# manuelle Rückstellfunktion fallende Flanke oder doch nur allg. Flankendetektion ?



## cam1704 (31 Mai 2010)

Hallo miteinander,

ja mit dem Titel ist schon fast alles gesagt. In der 13849 ließt man über die fallende Flanke aber es gibt auch die Meinung, dass hier nur die allg. Flankendetektion gemeint ist und diese kann ebenso mit der steigenden Flanke realisiert werden. Vestehe auch nicht welchen Vorteil ein fallenden Wechsel gegenüberen einem steigenden Wechsel haben soll.
Was könnt ihr zu diesem Thema sagen.

Desweiteren, gilt diese "Flankendetektion" überall, also Schütztürverriegelungen egal ob die Tür hintertretbar ist oder nicht, an Not-Halt-Funktionen,usw... 

Beste Grüße


----------



## Safety (1 Juni 2010)

Hallo,
da steht doch sehr genau:
13849-1 5.2.2

- darf nur erfolgen durch das Loslassen des Antriebselements in seiner betätigten (Ein)Position.


----------



## cam1704 (10 Juni 2010)

Ja, das steht da.
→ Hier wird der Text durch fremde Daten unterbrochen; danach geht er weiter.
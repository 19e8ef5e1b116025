-- ===== src/Ident/Tests.antt =====
-- Runs of x/ident with one citizen, and what the theorems say of them.
use volnix_protocol.Base.{
  ◌≡◌, refl, false, Option, none, some, [], ◌∷◌, Text, codes, text_eq, pos, ◌-ℤ◌, ltb_ℤ, ok, err,
  arith,
}
use volnix_protocol.KvStore.{KvStore, text_key}
use volnix_protocol.KvStore
use volnix_protocol.KvStore.Sorted.{AllAfter, IsSorted, text_order}
use volnix_protocol.Samples.{at_hour}
use volnix_protocol.Lizenz.Neighbours.{Role}
use volnix_protocol.Anteil
use volnix_protocol.Anteil.Positions.{burn_ant_from_user}
use volnix_protocol.Ident.Types.{
  VerifiedAccount, Error, default_params, new_verified_account, validate_account,
  duplicate_identity_hash,
}
use volnix_protocol.Ident.Keeper.{State, set_verified_account}
use volnix_protocol.Ident.Blocks.{end_blocker, check_account_activity, whole_seconds}
use volnix_protocol.Ident.Messages.{MsgMigrateRole, migrate_role}
use volnix_protocol.Ident.Migration.{migrate_role_refused}
use volnix_protocol.Ident.Renewal.{IsRegistered}
use volnix_protocol.Ident.Activity.{nobody_demoted}

-- The anteil keeper that burns ANT, with empty stores.
abbrev market : Anteil.Keeper.State
market = record {
  params = Anteil.Params.default_params;
  orders = [];
  trades = [];
  positions = [];
  auctions = [];
  bids = [];
  last_distribution = none;
}

abbrev ann : VerifiedAccount
ann = new_verified_account (pos 0) (codes "ann") Role.citizen (codes "hash")

abbrev town : State Anteil.Keeper.State
town = record {
  params = default_params;
  accounts = (codes "ann", ann) ∷ [];
  identity_hashes = (codes "hash", codes "ann") ∷ [];
  migrations = [];
  world = market;
}

-- An identity that is in use is refused for another address.
reuse_refused :
    (set_verified_account Anteil.Keeper.State (record ann { address = codes "bob" }) town).0
    ≡ err duplicate_identity_hash
unfolding set_verified_account validate_account KvStore.get text_eq
reuse_refused = refl

abbrev move_out : MsgMigrateRole
move_out = record {
  from_address = codes "ann";
  to_address = codes "ann2";
  zkp_proof = codes "proof";
}

migrate_role_refused_example :
    (x : Error) × ((migrate_role Anteil.Keeper.State (pos 0) move_out town).0 ≡ err x)
migrate_role_refused_example =
    migrate_role_refused Anteil.Keeper.State (pos 0) move_out town (omega arith)

town-IsSorted : IsSorted town.accounts
unfolding IsSorted AllAfter
town-IsSorted = (tt, tt)

town-IsRegistered : IsRegistered town.accounts
unfolding IsRegistered validate_account
town-IsRegistered = (refl, refl, tt)

citizens_recent :
    ltb_ℤ town.params.citizen_activity_period
      ((at_hour 2).block_time -ℤ whole_seconds (at_hour 1).block_time)
    ≡ false
unfolding ◌-ℤ◌
citizens_recent = refl

validators_recent :
    ltb_ℤ town.params.validator_activity_period
      ((at_hour 2).block_time -ℤ whole_seconds (at_hour 1).block_time)
    ≡ false
unfolding ◌-ℤ◌
validators_recent = refl

abbrev burner : Option (Text → Anteil.Keeper.State → Anteil.Keeper.State)
burner = some (burn_ant_from_user (pos 0))

nobody_demoted_example :
    check_account_activity Anteil.Keeper.State burner
      (at_hour 2)
      (end_blocker Anteil.Keeper.State (at_hour 1) town).1
    ≡ (ok tt, (end_blocker Anteil.Keeper.State (at_hour 1) town).1)
nobody_demoted_example =
    nobody_demoted Anteil.Keeper.State burner (at_hour 1) (at_hour 2) town town-IsSorted
      town-IsRegistered citizens_recent validators_recent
Jedoch würde dann ein Großteil der nach 13849-1 zertifizierten Sicherheitsrelais diese Norm nicht erfüllen und ihre Zertifizierung zu Unrecht haben.
Zum Beispiel Siemens 3TK28, PILZ PNOZ X Serie,...
Diese arbeiten mit steigender Flanke, aktivieren sich also bereits beim Drücken.

Irgendwie ziemlich komisch.


----------